After the events of the first film Destro and Cobra Commander are both locked up in a secret prison facility that is nigh unescapable and Zartan (Arnold Vosloo/Jonathon Pryce) is masquerading as the President of the United States, while Duke (Channing Tatum) is now in charge of his own “Joe” unit. His second in command is a beefcake known as Roadblock (Dwayne “The Rock” Johnson) and under the orders of the “President” take out a nuclear arms facility in the Middle East. At the same time Snake Eyes is arrested for supposedly taking out the Palestinian prime minister and sent to the same secret prison for incarceration while the Joes are blamed for the attack and systematically wiped out by Presidential order. As one would guess from such a devious plan the Joes had nothing to do with the attack, Storm Shadow (Byung-Hun Lee) was the one masquerading as Snake Eyes (Ray Parks) the whole time and uses the surprise to free Cobra commander with the help of Firefly (Ray Stevenson). With the help of Zartan in his role of President, Cobra Commander steps up to fully take control of the world in a gigantic Nuclear power play. 

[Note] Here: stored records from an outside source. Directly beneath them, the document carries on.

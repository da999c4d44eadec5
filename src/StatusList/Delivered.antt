-- ===== src/StatusList/Delivered.antt =====
-- That a revocation is published: publishList of apps/minister/src/lib/status-list/publish.ts, where no other
-- writer is in between.
use minister.Common.{
  ℕ, suc, ◌/◌, ◌≤◌, ◌<◌, max, String, ◌≡◌, refl, sym, ap, ◌∙◌, inl, inr, Bool, true, false, Option,
  some, List, [], ◌∷◌, Bool-cases, any, arith, In, In-nil, In-cases, In-map, In-keep, ltb, nat_beq,
  nat_beq_iff, length, All, lookup, insert, lookup-insert, same_refl, string_eq, given, stop_if,
}
use minister.StatusList.{shard_size_bits, get_bit, set_bits}
use minister.StatusList.Publish.{set_bits-get_bit, set_bits-same}
use minister.StatusList.Registry.{StatusEntry}
use minister.StatusList.Publisher.{
  ListRow, Lists, StatusListPayload, published, Outcome, returned, is_eligible, eligible_bits, Try,
  update_list, publish_attempt, or_again, try_each, publish_list, build_status_list_payload,
  max_int4,
}
use minister.StatusList.Published.{IsReadable, eligible-within}

any-In : (i : ℕ) (xs : List ℕ) → In i xs → any (nat_beq i) xs ≡ true
any-In i [] m = absurd (In-nil m)
any-In i (x ∷ xs) m = elim (In-cases m) [
  | inl e ↦ ground (arith, (nat_beq_iff i x).1 e)
  | inr later ↦ ground (arith, any-In i xs later)
]

eligible-In :
    (now : ℕ) (list_id : String) (entries : List StatusEntry) (e : StatusEntry)
    → In e entries
    → is_eligible now list_id e ≡ true
    → In e.bit_index (eligible_bits now list_id entries)
unfolding eligible_bits
eligible-In now list_id entries e m h = In-map _ (In-keep _ m h)

differ : ◌≡◌ {A = Option Bool} (some true) (some false) → ⊥
differ e = cc

-- The bit of an entry that was clear makes the count of new bits positive.
sets-new :
    (bits indices : List ℕ) (i : ℕ)
    → length bits ≡ 1024
    → All (λ j. j < shard_size_bits) indices
    → In i indices
    → get_bit bits i ≡ some false
    → (revoked : ℕ) × (last : List ℕ) × (set_bits bits indices ≡ some (revoked, last))
      × (ltb 0 revoked ≡ true)
      × (get_bit last i ≡ some true)
sets-new bits indices i full within m clear =
    let (revoked, last, done, _, reads) = set_bits-get_bit bits indices full within in
    let is : get_bit last i ≡ some true = reads i false clear ∙ rw (any-In i indices m) refl in
    (
      revoked,
      last,
      done,
      elim (Bool-cases (ltb 0 revoked)) [
        | inl some_new ↦ some_new
        | inr none_new ↦
            let same : last ≡ bits =
              set_bits-same bits indices (revoked, last) done (ground (arith, none_new)) in
            absurd (differ (sym is ∙ ap (λ bs. get_bit bs i) same ∙ clear))
      ],
      is,
    )

module _ (url_of : String → String) (sign : StatusListPayload → Option String) where
  -- The signed list of a row, which the verifiers are served: it is for the list and the version of the
  -- row, and has its bits.
  unfoldable pub IsServed : String → String → ListRow → StatusListPayload → Type 0
  IsServed issuer_did list_id next payload =
      (sign payload ≡ some next.signed_jwt)
      × (payload.iss ≡ issuer_did)
      × (payload.sub ≡ url_of list_id)
      × (payload.status_list_version ≡ next.version)
      × (payload.encoded_list ≡ next.bits)

  -- The row after a publication that had a list to itself.
  unfoldable pub IsDelivered : String → String → ℕ → ℕ → Outcome × Option Lists → Type 0
  IsDelivered issuer_did list_id i now out =
      (version revoked : ℕ) × (last : Lists) × (next : ListRow) × (payload : StatusListPayload)
      × (out ≡ (returned (published version true revoked), some last))
      × (lookup last.rows list_id ≡ some next)
      × (now / 1000 ≤ version)
      × (next.version ≡ version)
      × (get_bit next.bits i ≡ some true)
      × IsServed issuer_did list_id next payload

  alone :
      (now : ℕ) (force : Bool) (issuer_did list_id : String) (t : Try) (row : ListRow)
      (i revoked : ℕ) (bits : List ℕ)
      → ((p : StatusListPayload) → (jwt : String) × (sign p ≡ some jwt))
      → lookup t.seen.rows list_id ≡ some row
      → lookup t.store.rows list_id ≡ some row
      → set_bits row.bits (eligible_bits now list_id t.seen.entries) ≡ some (revoked, bits)
      → ltb 0 revoked ≡ true
      → get_bit bits i ≡ some true
      → row.version < max_int4
      → now / 1000 ≤ max_int4
      → (version : ℕ) × (last : Lists) × (next : ListRow) × (payload : StatusListPayload)
        × (publish_attempt url_of sign now force issuer_did list_id t
            ≡ (returned (published version true revoked), last))
        × (lookup last.rows list_id ≡ some next)
        × (now / 1000 ≤ version)
        × (next.version ≡ version)
        × (get_bit next.bits i ≡ some true)
        × IsServed issuer_did list_id next payload
  unfolding IsServed build_status_list_payload publish_attempt update_list given stop_if
  alone now force issuer_did list_id t row i revoked bits signs seen stored set new is below soon =
      let version = max (suc row.version) (now / 1000) in
      let payload =
        build_status_list_payload url_of sign issuer_did list_id bits version now t.jti in
      let (jwt, signed) = signs payload in
      let next : ListRow = record {
        version = version;
        bits = bits;
        signed_jwt = jwt;
        published_at = now;
      } in
      let fits : ltb max_int4 version ≡ false = ground (arith, below, soon) in
      (
        version,
        record t.store { rows = insert t.store.rows list_id next },
        next,
        payload,
        rw (seen, set, new, signed, fits, stored, (nat_beq_iff row.version row.version).1 refl)
            refl,
        rw (lookup-insert t.store.rows list_id list_id next, same_refl list_id) refl,
        omega arith,
        refl,
        is,
        (signed, refl, refl, refl, refl),
      )

  -- A revocation that may be shown is published. Where the lists are full with the entries within
  -- them, the bit of such an entry is clear, signing does not throw, and no other writer changes the
  -- row between the first read and its update, and the version and the time in seconds fit in the
  -- column, the run says that it has published a change. It leaves the row with the version that it
  -- reports, at least the time in seconds, and the bit set; and the signed list of the row, which the
  -- verifiers are served, is for that list and that version, and has the bits of the row.
  pub publish_list-delivers :
      (now : ℕ) (force : Bool) (issuer_did list_id : String) (t : Try) (tries : List Try)
      (row : ListRow) (e : StatusEntry)
      → ((p : StatusListPayload) → (jwt : String) × (sign p ≡ some jwt))
      → IsReadable list_id t.seen
      → lookup t.seen.rows list_id ≡ some row
      → lookup t.store.rows list_id ≡ some row
      → In e t.seen.entries
      → is_eligible now list_id e ≡ true
      → get_bit row.bits e.bit_index ≡ some false
      → row.version < max_int4
      → now / 1000 ≤ max_int4
      → IsDelivered issuer_did list_id e.bit_index now
          (publish_list url_of sign now force issuer_did list_id (t ∷ tries))
  unfolding publish_list try_each or_again IsDelivered IsReadable
  publish_list-delivers now force issuer_did list_id t tries row e signs readable seen stored m
        eligible clear below soon =
      let indices = eligible_bits now list_id t.seen.entries in
      let (revoked, bits, set, new, is) =
        sets-new row.bits indices e.bit_index (readable.0 row seen)
          (eligible-within now list_id t.seen.entries readable.1)
          (eligible-In now list_id t.seen.entries e m eligible) clear in
      let (version, last, next, payload, done, found, late, same, set_bit, served) =
        alone now force issuer_did list_id t row e.bit_index revoked bits signs seen stored set new
          is below soon in
      (version, revoked, last, next, payload, rw done refl, found, late, same, set_bit, served)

However, it seems that not ALL of the Joes were killed in action. Roadblock, Lady Jaye and Flint have narrowly escaped the massacre and are out for blood. Slipping home undetected they team up with the real Snake Eyes and his protege Jinx (Elodie Yung). There they figure out that the President is NOT who they thought he was and uncover Cobra Commander’s plot to take over the world. With the help of the original “Joe” (Bruce Willis) the 5 must band together and do what they do best. Take care of the bad guys and save the world. 


[img]http://www.hometheatershack.com/gallery/file.php?n=12120[/img]
“G.I. Joe: Retaliation” is every bit as cheesy as the original, but it feels different in just about every way. Gone are the wild CGI battles and “Yo Joe!” one liners, instead replaced by tongue in cheek one liners that are every bit as cheesy and much more personal “in your face” feel to the fights. Snake Eyes and Stormshadow’s final confrontation fight scene in the mountain stronghold is a sight to behold and easily trumps the fight scene they had together in the first movie. The scope of the movie felt so much broader as well. The budget was obviously tightened, but director John M. Chu made the most of it and gave us a mountain top fight scene with a cadre of Ninjas that is truly stunning in both scope and choreography. There are of course some wince worthy lines, but I came out of the film with a big sloppy grin all over my face. It’s cheesy, but it’s comic book cheesy done well. Good guys covered in muscles and LOTS of guns, with a villain who’s twirling his mustache and main goal is world domination; and for ONCE Cobra Commander is wearing his traditional outfit complete with a near traditional face mask. 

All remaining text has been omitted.